**YOUR TASK**
Please give back word for word the lines below, from the first one through the one with "op) a b d ≡ i".

**MATERIAL FOR THIS TASK**
>>>
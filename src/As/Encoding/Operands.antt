-- ===== src/As/Encoding/Operands.antt =====
-- as/src/assembler.cc: each form of operands is encoded as the instruction that it names.
use irid.Base.{
  ℕ, ◌+◌, ◌*◌, ◌<◌, ◌≡◌, refl, ◌∙◌, List, [], ◌∷◌, some, ok, arith, Option-cases, inl, inr,
}
use irid.Base.Bytes.{Bytes}
use irid.Base.Results.{>>=-eq-ok}
use irid.Emul.Cpu.{u16, u8}
use irid.Emul.Decode.{Instruction, Form, forms, find_form}
use irid.Emul.Fetch.{decoded}
use irid.As.Symbols.{try_parse_register, instruction_id_from_mnemonic}
use irid.As.State.{Assembler, low, high, padded, insert_instruction}
use irid.As.Instructions.{
  Handler, address, register, ins_no_arguments, ins_register, ins_addr, ins_dest_and_addr,
  ins_load_and_store,
}
use irid.As.Meaning.{Operands, nothing, one, target, branch, place, meant}
use irid.As.Encoding.{Encodes, Same, Same-refl, insert_instruction-Inserted, address-Resolved}

-- The operands name an instruction, and it is encoded.
abbrev pub Encoded : Operands → List Bytes → Assembler → Assembler → Type 0
Encoded operands parts s t = (i : Instruction) × (meant operands parts s ≡ ok i) × Encodes s t i

-- A method encodes the operands that it takes.
abbrev pub Encoder : Handler → Bytes → Operands → Type 0
Encoder method mnemonic operands =
    (parts : List Bytes) (s t : Assembler)
    → method (mnemonic ∷ parts) s ≡ ok t
    → Encoded operands parts s t

pub register-small : (text : Bytes) {r : ℕ} → register text ≡ ok r → r < 256
unfolding register try_parse_register
register-small [] h = cc
register-small (c ∷ []) h = cc
register-small (c ∷ d ∷ []) h = ground arith
register-small (c ∷ d ∷ x ∷ text) h = cc

-- Bytes that are inserted say the instruction that the processor decodes from them.
pub inserted :
    (bytes : Bytes) (op a b d : ℕ) (s s' t : Assembler) {i : Instruction}
    → padded bytes ≡ op ∷ a ∷ b ∷ d ∷ []
    → insert_instruction bytes s' ≡ ok t
    → Same s s'
    → op < 256
    → decoded (find_form forms op) a b d ≡ i
    → Encodes s t i
inserted bytes op a b d s s' t four h same small means =
    let e = insert_instruction-Inserted bytes s' h in
    record {
      op = op;
      a = a;
      b = b;
      d = d;
      code = e.code ∙ rw (four, same.pos, same.code) refl;
      labels = e.labels ∙ rw (same.pos, same.labels) refl;
      pos = e.pos ∙ rw (same.pos) refl;
      opcode = small;
      means = means;
    }

-- A word in two bytes.
pub word-low-high : (value : ℕ) → u8 (low value) + 256 * u8 (high value) ≡ u16 value
word-low-high value = omega arith

module _ (mnemonic : Bytes) (id : ℕ) (named : instruction_id_from_mnemonic mnemonic ≡ id)
    (small : id < 254) where
  pub no_arguments-Encoder :
      (i : Instruction)
      → find_form forms id ≡ Form.plain i
      → Encoder ins_no_arguments mnemonic (nothing i)
  unfolding ins_no_arguments meant
  no_arguments-Encoder i form [] s t h = (
    i,
    refl,
    inserted (id ∷ []) id 0 0 0 s s t refl (rw named at h) (Same-refl s) (omega arith)
        (rw form refl),
  )
  no_arguments-Encoder i form (part ∷ parts) s t h = cc

  pub register-Encoder :
      (f : ℕ → Instruction)
      → find_form forms id ≡ Form.byte f
      → Encoder ins_register mnemonic (one f)
  unfolding ins_register meant
  register-Encoder f form [] s t h = cc
  register-Encoder f form (reg ∷ parts) s t h =
      let (r, e, last) = >>=-eq-ok (register reg) _ h in
      let byte : u8 r ≡ r = omega (arith, register-small reg e) in
      (
        f r,
        rw e refl,
        inserted (id ∷ r ∷ []) id r 0 0 s s t refl (rw named at last) (Same-refl s) (omega arith)
            (rw (form, byte) refl),
      )

  pub addr-Encoder :
      (f : ℕ → Instruction)
      → find_form forms id ≡ Form.word f
      → Encoder ins_addr mnemonic (target f)
  unfolding ins_addr meant
  addr-Encoder f form [] s t h = cc
  addr-Encoder f form (text ∷ parts) s t h =
      let ((addr, s'), e, last) = >>=-eq-ok (address text 1 s) _ h in
      let taken = address-Resolved text 1 s e in
      (
        f (u16 addr),
        rw (taken.number) refl,
        inserted (id ∷ low addr ∷ high addr ∷ []) id (low addr) (high addr) 0 s s' t refl
            (rw named at last) taken.same (omega arith) (rw (form, word-low-high addr) refl),
      )

  pub branch-Encoder :
      (f : ℕ → ℕ → Instruction)
      → find_form forms id ≡ Form.byte_word f
      → Encoder ins_dest_and_addr mnemonic (branch f)
  unfolding ins_dest_and_addr meant
  branch-Encoder f form [] s t h = cc
  branch-Encoder f form (reg ∷ []) s t h = cc
  branch-Encoder f form (reg ∷ text ∷ part ∷ parts) s t h = cc
  branch-Encoder f form (reg ∷ text ∷ []) s t h =
      let (r, e, next) = >>=-eq-ok (register reg) _ h in
      let ((addr, s'), e', last) = >>=-eq-ok (address text 2 s) _ next in
      let taken = address-Resolved text 2 s e' in
      let byte : u8 r ≡ r = omega (arith, register-small reg e) in
      (
        f r (u16 addr),
        rw (e, taken.number) refl,
        inserted (id ∷ r ∷ low addr ∷ high addr ∷ []) id r (low addr) (high addr) s s' t refl
            (rw named at last) taken.same (omega arith) (rw (form, byte, word-low-high addr) refl),
      )

-- A register that is read is below 256, as an optional value.
pub parsed-small : (text : Bytes) {r : ℕ} → try_parse_register text ≡ some r → r < 256
unfolding register
parsed-small text h = register-small text (rw h refl)

pub place-Encoder :
    (mnemonic : Bytes) (id id' : ℕ) (f g : ℕ → ℕ → Instruction)
    → id < 254
    → id' < 254
    → find_form forms id ≡ Form.bytes f
    → find_form forms id' ≡ Form.byte_word g
    → Encoder (ins_load_and_store id id') mnemonic (place f g)
unfolding ins_load_and_store meant register
place-Encoder mnemonic id id' f g small small' form form' [] s t h = cc
place-Encoder mnemonic id id' f g small small' form form' (reg ∷ []) s t h = cc
place-Encoder mnemonic id id' f g small small' form form' (reg ∷ text ∷ parts) s t h =
    let (r, e, next) = >>=-eq-ok (register reg) _ h in
    let byte : u8 r ≡ r = omega (arith, register-small reg e) in
    elim (Option-cases (try_parse_register text)) [
      | inr (p, found) ↦
          let byte' : u8 p ≡ p = omega (arith, parsed-small text found) in
          (
            f r p,
            rw (e, register, found) refl,
            inserted (id ∷ r ∷ p ∷ []) id r p 0 s s t refl (rw found at next) (Same-refl s)
                (omega arith) (rw (form, byte, byte') refl),
          )
      | inl missing ↦
          let ((addr, s'), e', last) = >>=-eq-ok (address text 2 s) _ (rw missing at next) in
          let taken = address-Resolved text 2 s e' in
          (
            g r (u16 addr),
            rw (e, register, missing, taken.number) refl,
            inserted (id' ∷ r ∷ low addr ∷ high addr ∷ []) id' r (low addr) (high addr) s s' t refl
                last taken.same (omega arith) (rw (form', byte, word-low-high addr) refl),
          )
    ]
<<<
**EXERCISE ANSWER**
filename src/As/Encoding/Operands.antt
-- ===== src/As/Encoding/Operands.antt =====
-- as/src/assembler.cc: each form of operands is encoded as the instruction that it names.
use irid.Base.{
  ℕ, ◌+◌, ◌*◌, ◌<◌, ◌≡◌, refl, ◌∙◌, List, [], ◌∷◌, some, ok, arith, Option-cases, inl, inr,
}
use irid.Base.Bytes.{Bytes}
use irid.Base.Results.{>>=-eq-ok}
use irid.Emul.Cpu.{u16, u8}
use irid.Emul.Decode.{Instruction, Form, forms, find_form}
use irid.Emul.Fetch.{decoded}
use irid.As.Symbols.{try_parse_register, instruction_id_from_mnemonic}
use irid.As.State.{Assembler, low, high, padded, insert_instruction}
use irid.As.Instructions.{
  Handler, address, register, ins_no_arguments, ins_register, ins_addr, ins_dest_and_addr,
  ins_load_and_store,
}
use irid.As.Meaning.{Operands, nothing, one, target, branch, place, meant}
use irid.As.Encoding.{Encodes, Same, Same-refl, insert_instruction-Inserted, address-Resolved}

-- The operands name an instruction, and it is encoded.
abbrev pub Encoded : Operands → List Bytes → Assembler → Assembler → Type 0
Encoded operands parts s t = (i : Instruction) × (meant operands parts s ≡ ok i) × Encodes s t i

-- A method encodes the operands that it takes.
abbrev pub Encoder : Handler → Bytes → Operands → Type 0
Encoder method mnemonic operands =
    (parts : List Bytes) (s t : Assembler)
    → method (mnemonic ∷ parts) s ≡ ok t
    → Encoded operands parts s t

pub register-small : (text : Bytes) {r : ℕ} → register text ≡ ok r → r < 256
unfolding register try_parse_register
register-small [] h = cc
register-small (c ∷ []) h = cc
register-small (c ∷ d ∷ []) h = ground arith
register-small (c ∷ d ∷ x ∷ text) h = cc

-- Bytes that are inserted say the instruction that the processor decodes from them.
pub inserted :
    (bytes : Bytes) (op a b d : ℕ) (s s' t : Assembler) {i : Instruction}
    → padded bytes ≡ op ∷ a ∷ b ∷ d ∷ []
    → insert_instruction bytes s' ≡ ok t
    → Same s s'
    → op < 256
    → decoded (find_form forms op) a b d ≡ i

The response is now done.